I know there are other threads for vivariums but i really just want to look at some desert set ups for a bit of inspiration. I've ordered a trio of Leo females.

Cheers


----------



## kirsten (Jan 13, 2008)

*here you go*

i'm housing four females in here.


----------



## leogeck3 (Jul 30, 2008)

What substrate you using in there?


----------



## ip3kid (May 21, 2008)

leogeck3 said:


> What substrate you using in there?


Soil and sand mix by the looks of it.


----------



## luke1983 (Aug 25, 2008)

That looks well cool! Thanks, are the plants real? Do the leo's not mind the light? They seem to be out and active in it!

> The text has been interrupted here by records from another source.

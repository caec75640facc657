-- ===== src/Calls/Methods.antt =====
-- The calls of the wasm side of rust/assets/hep-viewer.js as one type, with what the wasm side says of
-- its stack pointer.
use ggsql_duckdb.Prelude.{ℕ, ◌+◌, ◌%◌, ◌≡◌, Bool, List}
use ggsql_duckdb.Boot.Init.{Bytes, Text}
use ggsql_duckdb.Glue.Heap.{JsValue}
use ggsql_duckdb.Calls.Machine.{
  Machine, Outcome, answer, outcome_of, trapped, Call, Request, Exports, Browser, pure, ◌>>◌,
}
use ggsql_duckdb.Calls.Document.{
  get_is_dark, get_is_transparent, get_pick_ids, call_set_dark, call_set_pick_ids,
  call_set_transparent, get_hint_dpi, get_hint_height, get_hint_width, load_document, draw_svg,
  svg_getter, warnings_getter,
}
use ggsql_duckdb.Calls.Fonts.{get_has_fonts, register_font_bytes, set_family}

-- A method of `PlotDocument` or `SvgRender`, with its `__wbg_ptr`, or a function for fonts.
pub data Method : Type 0 where
  dpi_hint height_hint width_hint : ℕ → Method
  dark_flag transparent_flag pick_flag : ℕ → Method
  put_dark put_pick_ids put_transparent : ℕ → Bool → Method
  from_bytes : Bytes → Method
  drawing : ℕ → Bytes → Bytes → Text → Method
  markup warning_list : ℕ → Method
  any_fonts : Method
  font : Bytes → Method
  family : Text → List JsValue → Method

module _ (exports : Exports) (browser : Browser) where
  unfoldable pub perform_method : Method → Call (Unit {0})
  perform_method (dpi_hint ptr) = get_hint_dpi exports browser ptr >> pure tt
  perform_method (height_hint ptr) = get_hint_height exports browser ptr >> pure tt
  perform_method (width_hint ptr) = get_hint_width exports browser ptr >> pure tt
  perform_method (dark_flag ptr) = get_is_dark exports ptr >> pure tt
  perform_method (transparent_flag ptr) = get_is_transparent exports ptr >> pure tt
  perform_method (pick_flag ptr) = get_pick_ids exports ptr >> pure tt
  perform_method (put_dark ptr dark) = call_set_dark exports ptr dark >> pure tt
  perform_method (put_pick_ids ptr on) = call_set_pick_ids exports ptr on >> pure tt
  perform_method (put_transparent ptr on) = call_set_transparent exports ptr on >> pure tt
  perform_method (from_bytes doc) = load_document exports browser doc >> pure tt
  perform_method (drawing ptr width height prefix) =
      draw_svg exports browser ptr width height prefix >> pure tt
  perform_method (markup ptr) = svg_getter exports browser ptr >> pure tt
  perform_method (warning_list ptr) = warnings_getter exports browser ptr >> pure tt
  perform_method any_fonts = get_has_fonts exports >> pure tt
  perform_method (font bytes) = register_font_bytes exports browser bytes >> pure tt
  perform_method (family kind families) = set_family exports browser kind families

-- After an end of an export that is not a trap the stack pointer is this one.
abbrev pub StackIs : {A : Type 0} → ℕ → Outcome A → Machine → Type 0
StackIs n (trapped e) m = Unit
StackIs n _ m = m.stack_pointer ≡ n

-- The wasm side: an export that returns has its stack pointer back, and
-- `__wbindgen_add_to_stack_pointer` adds to it, as to any 32-bit number.
pub record KeepsStack (exports : Exports) : Type 0 where
  pub run :
      (r : Request) (m : Machine)
      → StackIs m.stack_pointer (outcome_of (exports.run r m).0) (exports.run r m).1
  pub free :
      (address size alignment : ℕ) (m : Machine)
      → let r = exports.free address size alignment m in
        StackIs m.stack_pointer (outcome_of r.0) r.1
  pub moves :
      (n : ℕ) (m : Machine)
      → let sp = (m.stack_pointer + n) % 4294967296 in
        exports.add_to_stack_pointer n m ≡ (answer sp, record m { stack_pointer = sp })
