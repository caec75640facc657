-- ===== src/Calls/Keeps.antt =====
-- What the steps of a call leave of the stack pointer of the wasm side.
use ggsql_duckdb.Prelude.{
  ℕ, zero, suc, ◌+◌, ◌%◌, ◌<◌, ◌≡◌, refl, sym, subst, Option, none, some, List, [], ◌∷◌, arith,
}
use ggsql_duckdb.Boot.Init.{Bytes, Text, Buffer, Globals}
use ggsql_duckdb.Boot.Memory.{Memory, get_data_view}
use ggsql_duckdb.Glue.Heap.{JsValue, Heap, add_heap_object}
use ggsql_duckdb.Calls.Machine.{
  ℤ, pos, to_int32, to_uint32, Block, Machine, World, Outcome, returned, thrown, trapped, Call,
  Request, Exports, Browser, pure, throw, bind_outcome, ◌>>=◌, after_finally, try_finally, or_throw,
}
use ggsql_duckdb.Calls.Access.{
  attempted, attempt, uint32_through, set_uint32_through, added, passed_array, as_length,
  wasm_vector_len, data_view_memory, get_uint32, get_int32, get_float64, take_value, take_words,
  get_array_js_value, get_text, add_object, add_words, pass_array8_to_wasm, pass_string_to_wasm,
  pass_array_js_value_to_wasm,
}
use ggsql_duckdb.Calls.Document.{move_stack, free_block, frame, run}
use ggsql_duckdb.Calls.Methods.{StackIs, KeepsStack}

-- What a call leaves of the stack pointer, unless it ends by a trap.
abbrev pub Kept : {A : Type 0} → ℕ → Outcome A × World → Type 0
Kept n r = StackIs n r.0 r.1.machine

pub record Keeps {A : Type 0} (m : Call A) : Type 0 where
  pub at : (w : World) → w.machine.stack_pointer < 4294967296 → Kept w.machine.stack_pointer (m w)

pub Kept-bind_outcome :
    {A B : Type 0} (n : ℕ) (r : Outcome A) (f : A → Call B) (w : World)
    → n < 4294967296
    → StackIs n r w.machine
    → ((a : A) → Keeps (f a))
    → Kept n (bind_outcome r f w)
Kept-bind_outcome n (returned a) f w l h k =
    subst (λ i. Kept i (f a w)) h ((k a).at w (subst (λ i. i < 4294967296) (sym h) l))
Kept-bind_outcome n (thrown e) f w l h k = h
Kept-bind_outcome n (trapped e) f w l h k = tt

pub Keeps-bind :
    {A B : Type 0} {m : Call A} {f : A → Call B}
    → Keeps m
    → ((a : A) → Keeps (f a))
    → Keeps (m >>= f)
unfolding ◌>>=◌
Keeps-bind {m} {f} h k = record {
  at = λ w l. Kept-bind_outcome w.machine.stack_pointer (m w).0 f (m w).1 l (h.at w l) k;
}

pub Keeps-pure : {A : Type 0} (a : A) → Keeps (pure a)
Keeps-pure a = record { at = λ w l. refl }

pub Keeps-throw : {A : Type 0} (e : JsValue) → Keeps (throw {A = A} e)
Keeps-throw e = record { at = λ w l. refl }

pub Kept-or_throw :
    {A : Type 0} (o : Option A) (e : JsValue) (w : World)
    → Kept w.machine.stack_pointer (or_throw o e w)
Kept-or_throw none e w = refl
Kept-or_throw (some a) e w = refl

-- What a step that may fail leaves of the stack pointer, if it does not fail.
abbrev pub SameStack : {A : Type 0} → Machine → Option (A × Machine) → Type 0
SameStack m none = Unit
SameStack m (some (a, n)) = n.stack_pointer ≡ m.stack_pointer

pub Kept-attempted :
    {A : Type 0} (e : JsValue) (w : World) (o : Option (A × Machine))
    → SameStack w.machine o
    → Kept w.machine.stack_pointer (attempted e w o)
Kept-attempted e w none k = refl
Kept-attempted e w (some (a, n)) k = k

pub Keeps-attempt :
    {A : Type 0} (e : JsValue) (f : Machine → Option (A × Machine))
    → ((m : Machine) → SameStack m (f m))
    → Keeps (attempt e f)
Keeps-attempt e f h = record { at = λ w l. Kept-attempted e w (f w.machine) (h w.machine) }

-- How a call goes on after `__wbindgen_add_to_stack_pointer(-16)`.
abbrev pub moved : World → World
moved w = record w {
  machine = record w.machine {
    stack_pointer = (w.machine.stack_pointer + 4294967280) % 4294967296;
  };
}

module _ (browser : Browser) where
  pub Keeps-get_uint32 : (view : Buffer) (at : ℕ) → Keeps (get_uint32 browser view at)
  Keeps-get_uint32 view at = record {
    at = λ w l. Kept-or_throw (uint32_through view at w.machine) _ w;
  }

  pub Keeps-data_view_memory : Keeps (data_view_memory browser)
  unfolding get_data_view
  Keeps-data_view_memory = record { at = λ w l. refl }

  pub Keeps-get_int32 : (at : ℕ) → Keeps (get_int32 browser at)
  unfolding get_int32
  Keeps-get_int32 at =
      Keeps-bind Keeps-data_view_memory
        λ view. Keeps-bind (Keeps-get_uint32 view at) λ a. Keeps-pure (to_int32 a)

  pub Keeps-get_float64 : (at : ℕ) → Keeps (get_float64 browser at)
  unfolding get_float64
  Keeps-get_float64 at =
      Keeps-bind Keeps-data_view_memory
        λ view. Keeps-bind (Keeps-get_uint32 view (at + 4)) λ a. record { at = λ w l. refl }

  pub Keeps-take_value : (idx : ℤ) → Keeps (take_value browser idx)
  unfolding take_value
  Keeps-take_value idx = record { at = λ w l. refl }

  pub Keeps-take_words : (view : Buffer) (at n : ℕ) → Keeps (take_words browser view at n)
  unfolding take_words
  Keeps-take_words view at zero = Keeps-pure []
  Keeps-take_words view at (suc n) = Keeps-bind (Keeps-get_uint32 view at) λ idx.
      Keeps-bind (Keeps-take_value (pos idx))
        λ v. Keeps-bind (Keeps-take_words view (at + 4) n) λ vs. Keeps-pure (v ∷ vs)

  pub Keeps-get_array_js_value : (ptr len : ℤ) → Keeps (get_array_js_value browser ptr len)
  unfolding get_array_js_value
  Keeps-get_array_js_value ptr len =
      Keeps-bind Keeps-data_view_memory
        λ view. Keeps-take_words view (to_uint32 ptr) (as_length len)

  pub Keeps-get_text : (ptr len : ℤ) → Keeps (get_text browser ptr len)
  unfolding get_text
  Keeps-get_text ptr len =
      Keeps-bind (record { at = λ w l. refl })
        λ bytes. record { at = λ w l. Kept-or_throw (browser.decode bytes) _ w }

  pub SameStack-added : (o : Option (ℕ × Heap)) (m : Machine) → SameStack m (added o m)
  SameStack-added none m = tt
  SameStack-added (some (idx, h)) m = refl

  pub Keeps-add_object : (obj : JsValue) → Keeps (add_object browser obj)
  unfolding add_object
  Keeps-add_object obj = Keeps-attempt _ _ λ m. SameStack-added (add_heap_object obj m.heap) m

  pub SameStack-set_uint32 :
      (view : Buffer) (at v : ℕ) (m : Machine) → SameStack m (set_uint32_through view at v m)
  SameStack-set_uint32 view at v m = ground arith

  pub Keeps-add_words :
      (view : Buffer) (at : ℕ) (vs : List JsValue) → Keeps (add_words browser view at vs)
  unfolding add_words
  Keeps-add_words view at [] = Keeps-pure tt
  Keeps-add_words view at (v ∷ vs) = Keeps-bind (Keeps-add_object v) λ idx.
      Keeps-bind (Keeps-attempt _ _ (SameStack-set_uint32 view at idx))
        λ _. Keeps-add_words view (at + 4) vs

  pub SameStack-passed_array :
      (o : Option (ℕ × (Memory × Globals ℕ ℕ))) (m : Machine) → SameStack m (passed_array o m)
  SameStack-passed_array none m = tt
  SameStack-passed_array (some r) m = refl

  module _ (exports : Exports) (k : KeepsStack exports) where
    pub Keeps-wasm_vector_len : Keeps (wasm_vector_len browser exports)
    Keeps-wasm_vector_len = record { at = λ w l. refl }

    pub Keeps-pass_array8 : (arg : Bytes) → Keeps (pass_array8_to_wasm browser exports arg)
    unfolding pass_array8_to_wasm
    Keeps-pass_array8 arg = Keeps-attempt _ _ λ m. SameStack-passed_array _ m

    pub Keeps-pass_string : (arg : Text) → Keeps (pass_string_to_wasm browser exports arg)
    unfolding pass_string_to_wasm
    Keeps-pass_string arg = record { at = λ w l. refl }

    pub Keeps-pass_array_js_value :
        (array : List JsValue) → Keeps (pass_array_js_value_to_wasm browser exports array)
    unfolding pass_array_js_value_to_wasm
    Keeps-pass_array_js_value array =
        Keeps-bind (record { at = λ w l. refl })
          λ raw. Keeps-bind Keeps-data_view_memory λ view.
            Keeps-bind (Keeps-add_words view (raw % 4294967296) array)
              λ _. record { at = λ w l. refl }

    pub Keeps-run : (r : Request) → Keeps (run exports r)
    Keeps-run r = record { at = λ w l. k.run r w.machine }

    pub Keeps-free_block : (b : Block) → Keeps (free_block exports b)
    unfolding free_block
    Keeps-free_block b = record { at = λ w l. k.free b.address b.size b.alignment w.machine }

    -- From the frame's own stack pointer back to that of before.
    pub restored : (n : ℕ) → n < 4294967296 → ((n + 4294967280) % 4294967296 + 16) % 4294967296 ≡ n
    restored n l = omega arith

    pub Kept-finally :
        {A : Type 0} (n : ℕ) (r : Outcome A) (w : World)
        → n < 4294967296
        → StackIs ((n + 4294967280) % 4294967296) r w.machine
        → let (s, u) = move_stack exports 16 w in Kept n (after_finally r s, u)
    Kept-finally n (returned a) w l h = rw (k.moves 16 w.machine, h) (restored n l)
    Kept-finally n (thrown e) w l h = rw (k.moves 16 w.machine, h) (restored n l)
    Kept-finally n (trapped e) w l h = rw (k.moves 16 w.machine) tt

    pub move_stack-bind :
        {A : Type 0} (body : ℕ → Call A) (w : World)
        → (move_stack exports 4294967280 >>= body) w
          ≡ body (moved w).machine.stack_pointer (moved w)
    unfolding ◌>>=◌
    move_stack-bind body w = rw (k.moves 4294967280 w.machine) refl

    pub Keeps-frame :
        {A : Type 0} {body : ℕ → Call A} → ((r : ℕ) → Keeps (body r)) → Keeps (frame exports body)
    unfolding frame try_finally
    Keeps-frame {body} h = record {
      at = λ w l.
          let sp = (moved w).machine.stack_pointer in
          rw (move_stack-bind body w) (
            Kept-finally w.machine.stack_pointer (body sp (moved w)).0 (body sp (moved w)).1 l
              ((h sp).at (moved w) (omega arith)));
    }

Well impressed!


----------



## kirsten (Jan 13, 2008)

hi sorry, forgot bout this thread. yeah it's soil, sand, and gravel mix. the plants are real, and the geckos had just been put in there, they hide during the day and come out when the lights go out. the lights are there to give a solid day/night cycle


----------



## Juggernaut (Aug 10, 2008)

they are lucky geckos, they look great  : victory:


----------



## kirsten (Jan 13, 2008)

thanks very much. I appreciate the compliments


----------



## bexley18 (Mar 16, 2008)

Dam that looks grate. Wonder if i can find a big fish tank.


----------



## luke1983 (Aug 25, 2008)

Anymore for anymore?


----------



## oxxxdanniexxxo (Sep 13, 2009)

this looks awsome i have my leo in tank could do with a little refurbish did u use a certain mix with the soil sand n gravel or does it not matter ???


----------